Os arquivos foram entregues por uma fonte anônima ao investigador alemão Adrian Zenz, o primeiro a acusar o governo chinês de internar 1 milhão de uigures, em 2018.

Em telefonema com o colega chinês, Wang Yi, a ministra das Relações Exteriores da Alemanha, Annalena Baerbock, pediu “uma investigação transparente” sobre “os relatórios chocantes e as novas provas de violações muito graves dos direitos humanos”.

– Agenda –

Michelle Bachelet visitará entre hoje e amanhã as cidades de Urumqi e Khashgar, em Xinjiang.

“Espero que possa perguntar ao governo chinês sobre o paradeiro da minha mãe”, declarou Jevlan Shirement, um uigur de 31 anos exilado na Turquia e que não tem informações sobre a mãe há quatro anos.

A capital regional Urumqi, com uma população de 4 milhões de habitantes, abriga os principais órgãos do governo que teriam organizado a campanha que a China descreve como uma tarefa contra o extremismo religioso. Também é o lar de uma grande comunidade uigur e foi cenário de confrontos étnicos em 2009 e de dois ataques terroristas em 2014.

Kashgar, com 700.000 habitantes, fica no berço da comunidade uigur no sul de Xinjiang. Antiga escala na Rota da Seda, essa cidade é o principal cenário da campanha de Pequim, segundo ativistas e investigadores, que acusam as autoridades de preencher este centro cultural de alta tecnologia com medidas segurança enquanto derrubam casas de uigures e locais religiosos.

Os arredores das duas cidades contam com o que se acredita serem campos de detenção, parte de uma ampla rede de instalações que foram construídas recentemente em todo o país.

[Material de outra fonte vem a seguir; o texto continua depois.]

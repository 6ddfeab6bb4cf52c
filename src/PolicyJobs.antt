-- ===== src/PolicyJobs.antt =====
-- The handlers of the jobs that policies queue: crawls and refreshes of a login.
pub mod Rows
pub mod Marks
pub mod AuthRefresh
pub mod Crawl
pub mod Settled
pub mod Refresh
pub mod Drafts
pub mod Sweep
pub mod Tests
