-- ===== src/Scheduling/Policies.antt =====
-- The policies of infrastructure/db/models/runtime_policies.py, and the tables that the scheduler
-- reads and writes. The columns on the last success and failure, and those of the login, are left
-- out: nothing here reads them. The queued jobs of policies stand in a table of their own.
use runlet.Prelude.{
  ℕ, Bool, Option, none, some, List, [], ◌∷◌, Text, text, if◌then◌else◌, ◌==◌, nat_eq, list_eq,
}
use runlet.Scheduling.Clock.{DateTime}
use runlet.Scheduling.Jobs.Rows.{QueuedJobStatus, Db}

-- RuntimePolicyState.ACTIVE; the column is a text.
abbrev pub active_state : Text
active_state = text "active"

pub record SystemAuthPolicy : Type 0 where
  pub id : ℕ
  pub system_id : ℕ
  pub enabled : Bool
  pub state : Text
  pub schedule_expr : Text
  pub last_triggered_at : Option DateTime

pub record SystemCrawlPolicy : Type 0 where
  pub id : ℕ
  pub system_id : ℕ
  pub enabled : Bool
  pub state : Text
  pub schedule_expr : Text
  pub crawl_scope : Text
  pub last_triggered_at : Option DateTime

-- The payload of an "auth_refresh" job or, with a scope, of a "crawl" job.
pub record PolicyPayload : Type 0 where
  pub system_id : ℕ
  pub crawl_scope : Option Text
  pub policy_id : ℕ
  pub trigger_source : Text
  pub scheduled_at : DateTime

pub record PolicyJob : Type 0 where
  pub id : ℕ
  pub job_type : Text
  pub payload : PolicyPayload
  pub policy_id : Option ℕ
  pub trigger_source : Option Text
  pub scheduled_at : Option DateTime
  pub status : QueuedJobStatus

pub record Tables : Type 0 where
  pub jobs : Db
  pub auth_policies : List SystemAuthPolicy
  pub crawl_policies : List SystemCrawlPolicy
  pub policy_jobs : List PolicyJob

-- session.get(model, id), and a selection by another column: the first row with the number.
module _ {ℓ} {A : Type ℓ} (column : A → ℕ) where
  unfoldable pub find_row : ℕ → List A → Option A
  find_row id [] = none
  find_row id (row ∷ rows) = if column row == id then some row else find_row id rows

ONGs expressaram preocupação de que as autoridades chinesas impeçam Bachelet de fazer uma investigação exaustiva das supostas violações de direitos. O governo dos Estados Unidos citou a falta de garantias prévias sobre o que ela poderia visitar.

“Estamos muito preocupados que esta visita resulte em poucos benefícios para vítimas e ativistas a um custo político muito elevado”, disse Raphael David, do International Service for Human Rights.

“Bachelet precisa entender que estão em jogo a confiança mundial na ONU e a capacidade de seu próprio gabinete de responder a uma crise de direitos humanos em uma potência mundial”, acrescentou David.

Em Guangzhou, onde se encontrou com Wang Yi, Bachelet disse que discutirá “alguns temas muito importantes e delicados”.

“Espero que isto nos ajude a criar confiança”, disse. A chilena também teve encontros virtuais com quase 70 missões estrangeiras na China, segundo fontes diplomáticas, que disseram que ela deu garantias de acesso a centros de detenção e defensores das liberdades.

O Alto Comissariado para os Direitos Humanos também informou sobre reuniões com organizações da sociedade civil, representantes empresariais e acadêmicos.

Além das prisões em massa, pesquisadores e ativistas denunciam que as autoridades chinesas iniciaram uma campanha de trabalhos forçados, esterilização das mulheres e destruição do patrimônio cultural uigur em Xinjiang.

Os membros exilados da comunidade organizaram manifestações para pressionar Bachelet a visitar seus parentes detidos na região.